The potential legal consequences could be substantial

AMA welcomes CDC’s revised view on opioids guidelines

“The AMA appreciates that the CDC recognizes that patients in pain require individualized care and that the agency’s 2016 guidelines on opioids have been widely misapplied. The guidelines have been treated as hard and fast rules, leaving physicians unable to offer the best care for their patients.

I have stated many times before that it would appear that many practitioners and healthcare corporations have decided that they had a favorite sentence, paragraph or page out of the 90 odd pages of the CDC opiate dosing guidelines and they used that verbiage to profess that they were following the CDC guidelines.

Just whose responsibility is it for these guidelines being widely mis-applied ?  Was it the DEA going from office to office admonishing prescribers about not adhering to these guidelines… I have heard quotes of DEA agents going into a practice and telling the prescriber that the prescriber’s pts were not being weaned FAST ENOUGH and another statement that a prescriber was told that the prescriber would not “look good in orange”.

Could the legal dept of many of these healthcare corporations have taken the position to CYA the corporation and thus suggesting to whatever part of the corporation would believe that they have the authority to create corporate policies and procedures to mandate how – or if – pts with pain are treated ?

Let’s consider some hypotheticals , could the misapplication of the guidelines be consider MALPRACTICE ?

Could the using of these opiate dosing conversion programs that all have same/similar foot notes warning that the results produced by these prgms are CRUDE ESTIMATES AT BEST and not to be used as black/white answers… but as a starting point to titrate the pt’s pain management meds to optimize the pt’s pain management an quality of life. In fact here are some parts of the CDC guidelines that appear to reinforce this:

Here is four quotes from the CDC opiates guidelines:

https://www.cdc.gov/mmwr/volumes/65/rr/rr6501e1.htm

“The guideline is intended to ensure that clinicians and patients consider safer and more effective treatment, improve patient outcomes such as reduced pain and improved function.”

“Clinicians should consider the circumstances and unique needs of each patient when providing care.”

“Clinical decision making should be based on a relationship between the clinician and patient, and an understanding of the patient’s clinical situation, functioning, and life context.”

“This guideline provides recommendations for primary care clinicians who are prescribing opioids for chronic pain outside of active cancer treatment, palliative care, and end-of-life care.”

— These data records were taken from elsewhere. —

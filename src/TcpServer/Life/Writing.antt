-- ===== src/TcpServer/Life/Writing.antt =====
-- `handleWrite` of mtnet/TcpConnection.cc leaves the life of a connection alone.
use mtnet.Prelude.{
  ℕ, ◌≡◌, refl, sym, ◌∙◌, List, ltb, ◌==◌, ◌>>=◌, if◌then◌else◌, Bool-cases, inl, inr, ok,
  >>=-eq-ok,
}
use mtnet.Buffer.{Buffer, retrieve, read_at, peek, readable_bytes}
use mtnet.Channel.{disable_writing}
use mtnet.TcpConnection.Defs.{
  TcpConnection, sent, write_complete, write_error, Written, wrote, failed, is_disconnecting,
  is_writing, emit, emit_if, want, shutdown_in_loop, write_done, write_some, write_ready,
  handle_write,
}
use mtnet.TcpServer.Life.Effects.{
  IsSame, IsSame-refl, IsSame-trans, emit-IsSame, emit_if-IsSame, want-IsSame, if-IsSame,
  buffer-IsSame, ok-IsSame,
}
use mtnet.TcpServer.Life.Sending.{shutdown_in_loop-IsSame}

write_done-IsSame : (c : TcpConnection) → IsSame c (write_done c)
unfolding write_done
write_done-IsSame c =
    if-IsSame (is_disconnecting c.state) c (shutdown_in_loop done) done
      (IsSame-trans c done (shutdown_in_loop done) kept (shutdown_in_loop-IsSame done)) kept
  where
    done : TcpConnection
    done = emit_if c.has_write_complete write_complete (want disable_writing c)

    kept : IsSame c done
    kept =
        IsSame-trans c (want disable_writing c) done (want-IsSame disable_writing c)
          (emit_if-IsSame c.has_write_complete write_complete (want disable_writing c) refl)

write_some-IsSame : (n : ℕ) (c d : TcpConnection) → write_some n c ≡ ok d → IsSame c d
unfolding write_some
write_some-IsSame n c d h =
    let (bytes, got, both) =
      >>=-eq-ok (read_at c.output_buffer.buffer (peek c.output_buffer) n)
        (λ bytes. retrieve c.output_buffer n >>= (λ b. ok (written bytes b))) h in
    let (b, done, last) = >>=-eq-ok (retrieve c.output_buffer n) (λ b. ok (written bytes b)) both in
    ok-IsSame c (written bytes b) d (same bytes b) last
  where
    after : List ℕ → Buffer → TcpConnection
    after bytes b = emit (sent bytes) (record c { output_buffer = b })

    written : List ℕ → Buffer → TcpConnection
    written bytes b = if readable_bytes b == 0 then write_done (after bytes b) else after bytes b

    kept : (bytes : List ℕ) (b : Buffer) → IsSame c (after bytes b)
    kept bytes b =
        IsSame-trans c (record c { output_buffer = b }) (after bytes b) (buffer-IsSame b c)
          (emit-IsSame (sent bytes) (record c { output_buffer = b }) refl)

    same : (bytes : List ℕ) (b : Buffer) → IsSame c (written bytes b)
    same bytes b =
        if-IsSame (readable_bytes b == 0) c (write_done (after bytes b)) (after bytes b)
          (IsSame-trans c (after bytes b) (write_done (after bytes b)) (kept bytes b)
            (write_done-IsSame (after bytes b)))
          (kept bytes b)

write_ready-IsSame : (w : Written) (c d : TcpConnection) → write_ready w c ≡ ok d → IsSame c d
unfolding write_ready
write_ready-IsSame (wrote n) c d h = elim (Bool-cases (ltb 0 n)) [
  | inl e ↦ write_some-IsSame n c d (sym (rw e refl) ∙ h)
  | inr e ↦
      ok-IsSame c (emit write_error c) d (emit-IsSame write_error c refl) (sym (rw e refl) ∙ h)
]
write_ready-IsSame (failed errno) c d h =
    ok-IsSame c (emit write_error c) d (emit-IsSame write_error c refl) h

pub handle_write-IsSame : (w : Written) (c d : TcpConnection) → handle_write w c ≡ ok d → IsSame c d
unfolding handle_write
handle_write-IsSame w c d h = elim (Bool-cases (is_writing c)) [
  | inl e ↦ write_ready-IsSame w c d (sym (rw e refl) ∙ h)
  | inr e ↦ ok-IsSame c c d (IsSame-refl c) (sym (rw e refl) ∙ h)
]
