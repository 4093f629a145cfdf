-- ===== src/Julia/Code/Wrap.antt =====
-- The wrapper around the code (src/julia_wrap.cpp `wrap_julia_code`).
use jjmcp.Base.{
  ℕ, ◌≡◌, ◌⊎◌, inl, inr, refl, sym, ap, true, [], ◌∷◌, ◌++◌, append_assoc, Bool-cases, ==_iff,
}
use mathlib.Core.Bool.{false≢true}
use jjmcp.Text.{Bytes, codes, newline, ends_with, to_string}
use jjmcp.Julia.Marker.{Marker}
use jjmcp.Julia.Literal.{julia_string_literal}
use jjmcp.Julia.Code.{wrap_julia_code}

ends_with_split :
    (c : ℕ) (s : Bytes) → ends_with c s ≡ true → (front : Bytes) × (s ≡ front ++ c ∷ [])
unfolding ends_with
ends_with_split c [] h = absurd (false≢true h)
ends_with_split c (a ∷ []) h = ([], ap (λ x. x ∷ []) ((==_iff _ _).0 h))
ends_with_split c (a ∷ b ∷ s) h =
    let (front, e) = ends_with_split c (b ∷ s) h in (a ∷ front, ap (λ t. a ∷ t) e)

-- The line in front of the code.
abbrev pub opening_line : Marker → ℕ → Bytes
opening_line marker timeout_ms =
    codes "@JJMCP_COMMAND "
    ++ julia_string_literal marker.id
    ++ codes " "
    ++ to_string timeout_ms
    ++ codes " begin\n"

-- The code, with or without a line end of its own, or the `nothing` for no code.
abbrev pub IsBody : Bytes → Bytes → Type 0
IsBody code body =
    (body ≡ code) ⊎ ((body ++ newline ∷ [] ≡ code) ⊎ ((code ≡ []) × (body ≡ codes "nothing")))

shape :
    (marker : Marker) (timeout_ms : ℕ) (text body : Bytes)
    → text ≡ body ++ newline ∷ []
    → codes "@JJMCP_COMMAND "
        ++ julia_string_literal marker.id
        ++ codes " "
        ++ to_string timeout_ms
        ++ codes " begin\n"
        ++ text
        ++ codes "end\n"
      ≡ opening_line marker timeout_ms ++ (body ++ (newline ∷ codes "end\n"))
shape marker timeout_ms text body e = rw e (simp append_assoc)

-- The code stands on lines of its own: behind the line that opens the block, unchanged but for a
-- line end of its own or the `nothing` in place of no code, and in front of a line end and the
-- `end` that closes the block.
pub wrap_julia_code_lem :
    (code : Bytes) (marker : Marker) (timeout_ms : ℕ)
    → (body : Bytes) × (wrap_julia_code code marker timeout_ms
        ≡ opening_line marker timeout_ms ++ (body ++ (newline ∷ codes "end\n")))
      × IsBody code body
unfolding wrap_julia_code
wrap_julia_code_lem [] marker timeout_ms = (
  codes "nothing",
  shape marker timeout_ms (codes "nothing\n") (codes "nothing") refl,
  inr (inr (refl, refl)),
)
wrap_julia_code_lem (c ∷ code) marker timeout_ms =
    elim (Bool-cases (ends_with newline (c ∷ code))) [
      | inl e ↦
          let (front, split) = ends_with_split newline (c ∷ code) e in
          (front, rw e (shape marker timeout_ms (c ∷ code) front split), inr (inl (sym split)))
      | inr e ↦ (c ∷ code, rw e (shape marker timeout_ms _ (c ∷ code) refl), inl refl)
    ]
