-- ===== src/Julia/Lines.antt =====
-- Lines and blanks (src/julia_wrap.cpp `split_lines`, `trim_ascii`, `join_lines`).
pub mod Trim
use jjmcp.Base.{
  ℕ, zero, suc, ◌-◌, Bool, not, ◌&&◌, ◌||◌, List, [], ◌∷◌, ◌++◌, ◌==◌, if◌then◌else◌, take, drop,
}
use jjmcp.Text.{Bytes, newline, carriage_return, is_empty, ends_with}

unfoldable pub is_blank : ℕ → Bool
is_blank c = c == b' ' || c == b'\t' || c == carriage_return || c == newline

-- `while (!text.empty() && blank(text.back())) text.pop_back();`
unfoldable pub trim_back : Bytes → Bytes
unfolding is_blank
trim_back [] = []
trim_back (c ∷ s) = let r = trim_back s in if is_empty r && is_blank c then [] else c ∷ r

-- `while (first < text.size() && blank(text[first])) ++first; text.erase(0, first);`
unfoldable pub trim_front : Bytes → Bytes
unfolding is_blank
trim_front [] = []
trim_front (c ∷ s) = let r = trim_front s in if is_blank c then r else c ∷ s

unfoldable pub trim_ascii : Bytes → Bytes
unfolding trim_back trim_front
trim_ascii text = trim_front (trim_back text)

-- The loop of `split_lines` over the text: the lines so far, and the current one.
unfoldable pub split_loop : Bytes → List Bytes → Bytes → List Bytes × Bytes
split_loop [] lines current = (lines, current)
split_loop (c ∷ text) lines current =
    if c == carriage_return
    then split_loop text lines current
    else if c == newline
    then split_loop text (lines ++ current ∷ []) []
    else split_loop text lines (current ++ c ∷ [])

unfoldable pub split_lines : Bytes → List Bytes
unfolding split_loop ends_with
split_lines text =
    let (lines, current) = split_loop text [] [] in
    if not (is_empty current) || ends_with newline text then lines ++ current ∷ [] else lines

-- `for (i = first; i < last; ++i)`: a newline goes between two lines unless nothing is written yet.
unfoldable pub join_loop : List Bytes → Bytes → Bytes
join_loop [] out = out
join_loop (l ∷ lines) out =
    join_loop lines ((if is_empty out then out else out ++ newline ∷ []) ++ l)

unfoldable pub join_lines : List Bytes → ℕ → ℕ → Bytes
unfolding join_loop
join_lines lines first last = join_loop (take (last - first) (drop first lines)) []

What if a spouse has committed suicide because of having their pain medication reduced or taken away because of the misapplication of the CDC guidelines ?  I made this post a few years back

Since I am not an attorney…. these hypotheticals could just be scratching the surface of the total number of potential legal/financial liabilities, it could all depend if it is a independent practitioner or a healthcare corporation. The first there could be several dozens of pts involved while the latter could there could be hundreds or thousands of pts involved.  Of course, law firms will probably go after the deeper pockets and the most pts being harm first.

 

 

4 Responses

  1. It won’t be easy but it has to be done. May have to file tort claims against government but there’s a lot of wrongdoers.
    There are various degrees of harm but I can’t imagine a larger group of victims in US history.
    The group who wrote the guidelines can blame the DEA and claim they were misunderstood but they are responsible… gross negligence at the very least. It’s well documented they were aware of patient harm from the start and did nothing to help for 3 years.
    Some prescribers should as well. Especially those who were punished for doing their job and never even charged.

  2. I contacted 7 attorneys regarding these issues not one of them were interested in pursuing litigation, none could see a way to prove claims of injury even though in my case the tapering led to an injury, hospitalization and surgery. No case law in light of these new guidelines, so it will take some deep pockets willing to litigate for an extended period of time with some wins before other attorneys are willing to take chances.

  3. The AMA making a public statement about this just proves again that it is irrelevant what the CDC says about the guidelines, because it isn’t the problem. The AMA wouldn’t speak out about the real problem because they are part of it.